Model parameters are calibrated from historical land use change observations and validated against withheld data using the Figure of Merit. Scenario projections vary demand trajectories and policy constraints to produce conditional forecasts that inform planning decisions — particularly about agricultural land conservation, infrastructure investment, and the spatial distribution of population growth.

Key equations:

\[P_{r,c} = \frac{1}{1+e^{-(\beta_0 + \sum_k \beta_k x_k)}} \quad \text{[logistic transition probability]}\] \[\Omega_{r,c} = \frac{1}{|\mathcal{N}|}\sum_{(r',c')\in\mathcal{N}} \mathbf{1}[\text{urban}] \quad \text{[neighbourhood fraction]}\] \[P^{\text{comb}} = P^{\text{log}} \cdot [\alpha + (1-\alpha)(1 - (1-\Omega)^\gamma)]\] \[\text{FOM} = C/(A+B+C+D) \quad \text{[Figure of Merit]}\]

Math Refresher

The logistic function and binary classification. The logistic function $\sigma(z) = 1/(1+e^{-z})$ maps any real number $z$ to the interval $(0,1)$ — making it natural for probabilities. It is the inverse of the logit: $z = \ln[p/(1-p)]$. The logit of a probability is the log-odds. Logistic regression models the log-odds as a linear function of predictors. The coefficient $\beta_k$ means: a unit increase in $x_k$ multiplies the odds of the event by $e^{\beta_k}$. For small probabilities, this is approximately a $\beta_k \times 100\%$ change in probability.

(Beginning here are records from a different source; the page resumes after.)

-- ===== src/Memory/Join.antt =====
-- `set_extent` where the pages go to the extent that ends before them.
use xivix.Base.{
  ℕ, ◌+◌, ◌<◌, ◌≡◌, refl, true, ltb, length, arith, ◌≢◌, Bool-cases, inl, inr, sym, ap, ◌∙◌,
  length-set, get_or-set_ne,
}
use xivix.Memory.{Extent, PageAllocator, unset_extent, extent_at, set_extent_at, join_start, joins}
use xivix.Memory.Cover.{stop, cover, cover_sum, cover_sum-set, used_inside, cover-unset}
use xivix.Memory.Table.{Fits, IsExtent, Extents, Extents-set, Disjoint, empties-set}
use xivix.Memory.Add.{fresh, merged, merged-Fits, cover-merged, end-stop}
use xivix.Memory.Replace.{
  Holds, Placed, at, fits, shrunk, shrunk-IsExtent, shrink_lem, cover-start, cover-whole,
  balance_sum,
}

module _ (b l f : ℕ) (s : PageAllocator) (i : ℕ) (all : Extents s.extents)
    (disjoint : Disjoint s.extents) (holds : Holds b l (extent_at s i))
    (new : IsExtent (fresh b l f)) (kind : f ≢ 0) (start : b ≡ (extent_at s i).base) (j : ℕ)
    (joined : joins b f j s ≡ true) where
  prev_at : j < length s.extents
  unfolding joins
  prev_at = used_inside s.extents j (ground (arith, joined, kind))

  prev_kind : (extent_at s j).flags ≡ f
  unfolding joins
  prev_kind = ground (arith, joined)

  prev-Fits : Fits (extent_at s j)
  prev-Fits = (all j prev_at).1 (ground (arith, prev_kind, kind))

  next : stop (extent_at s j) ≡ b
  unfolding joins
  next = sym (end-stop (extent_at s j) prev-Fits) ∙ ground (arith, joined)

  p-Fits : Fits (extent_at s i)
  p-Fits = fits b l f s i all disjoint holds new kind

  new-Fits : Fits (fresh b l f)
  new-Fits = new.1 kind

  apart : j ≢ i
  apart e =
      let same : stop (extent_at s j) ≡ stop (extent_at s i) = ap (λ k. stop (extent_at s k)) e in
      absurd (omega (arith, same, next, start, p-Fits.1))

  grown : Extent
  unfolding merged
  grown = merged (extent_at s j) (fresh b l f)

  grown_state : PageAllocator
  unfolding grown
  grown_state = set_extent_at j grown s

  grown-Extents : Extents grown_state.extents
  unfolding grown_state grown
  grown-Extents = Extents-set s.extents j grown all (
    ground (arith, prev_kind, new),
    λ u. merged-Fits (extent_at s j) (fresh b l f) prev-Fits new-Fits next prev_kind,
  )

  grown_keeps : extent_at grown_state i ≡ extent_at s i
  unfolding grown_state grown
  grown_keeps = get_or-set_ne s.extents j i grown unset_extent apart

  grown_sum :
      (w : ℕ → ℕ) (a : ℕ)
      → cover_sum w a grown_state.extents ≡ cover_sum w a s.extents + cover w a (fresh b l f)
  unfolding grown_state grown
  grown_sum w a = omega (
    arith,
    cover_sum-set w a s.extents j grown prev_at,
    cover-merged (extent_at s j) (fresh b l f) prev-Fits new-Fits next prev_kind w a,
  )

  -- What `set_extent` writes to the extent `i` next.
  module _ (e : Extent) (valid : IsExtent e)
      (less : (w : ℕ → ℕ) (a : ℕ)
        → w 0 ≡ 0
        → cover w a (extent_at s i)
          ≡ cover w a e + cover w a (fresh b l (extent_at s i).flags)) where
    joined_with : Placed b l f s (set_extent_at i e grown_state)
    unfolding grown_state
    joined_with =
        let here : i < length grown_state.extents =
          omega (arith, length-set s.extents j grown, at b l f s i all disjoint holds new kind) in
        record {
          sum = λ w a z.
              balance_sum b l f s (set_extent_at i e grown_state) i disjoint
                (at b l f s i all disjoint holds new kind) holds w a z
                (omega (
                  arith,
                  cover_sum-set w a grown_state.extents i e here,
                  ap (cover w a) grown_keeps,
                  grown_sum w a,
                  less w a z,
                ));
          all = Extents-set grown_state.extents i e grown-Extents valid;
          size = length-set grown_state.extents i e ∙ length-set s.extents j grown;
          left = ground (
            arith,
            empties-set s.extents j grown prev_at,
            empties-set grown_state.extents i e here,
            ap (λ p. p.flags) grown_keeps,
            holds.0,
            prev_kind,
            kind,
          );
        }

  pub join_start-Placed : Placed b l f s (join_start l i j s)
  unfolding join_start grown_state grown merged shrunk
  join_start-Placed = elim (Bool-cases (ltb l (extent_at s i).length)) [
    | inl longer ↦
        let long : l < (extent_at s i).length = ground arith in
        rw (grown_keeps, longer, shrink_lem b l f s i all disjoint holds new kind start long)
          (joined_with (shrunk b l f s i all disjoint holds new kind)
            (shrunk-IsExtent b l f s i all disjoint holds new kind start long)
            λ w a z.
              omega (arith, cover-start b l f (extent_at s i) p-Fits new-Fits holds w a start))
    | inr whole ↦
        rw (grown_keeps, whole)
          (joined_with (record (extent_at s i) { flags = 0 }) (ground arith)
            λ w a z. omega (
              arith,
              cover-unset w a (record (extent_at s i) { flags = 0 }) z refl,
              cover-whole b l f s i all disjoint holds new kind start (ground arith) w a,
            ))
  ]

Cellular automata as discrete dynamical systems. A CA is a dynamical system on a lattice: state at time $t+1$ depends on state at $t$ through a local rule applied identically to each cell. The mathematics of CA convergence, fixed points, and pattern formation has been studied since von Neumann’s work in the 1950s. Urban CA models are stochastic (random elements) and heterogeneous (rules vary by cell attributes) — generalisations of the classical deterministic, homogeneous CA framework, but sharing the same core property of local interactions generating global patterns.

Maximum likelihood estimation. Given binary outcomes $y_i \in {0,1}$ and predicted probabilities $P_i$, the log-likelihood is $\mathcal{L} = \sum_i [y_i \ln P_i + (1-y_i)\ln(1-P_i)]$. Maximising $\mathcal{L}$ over $\boldsymbol{\beta}$ gives the maximum likelihood estimates — the parameter values that make the observed data most probable under the model. This is equivalent to minimising the binary cross-entropy loss, which is the standard loss function for neural network classifiers, establishing a direct connection between logistic regression and deep learning.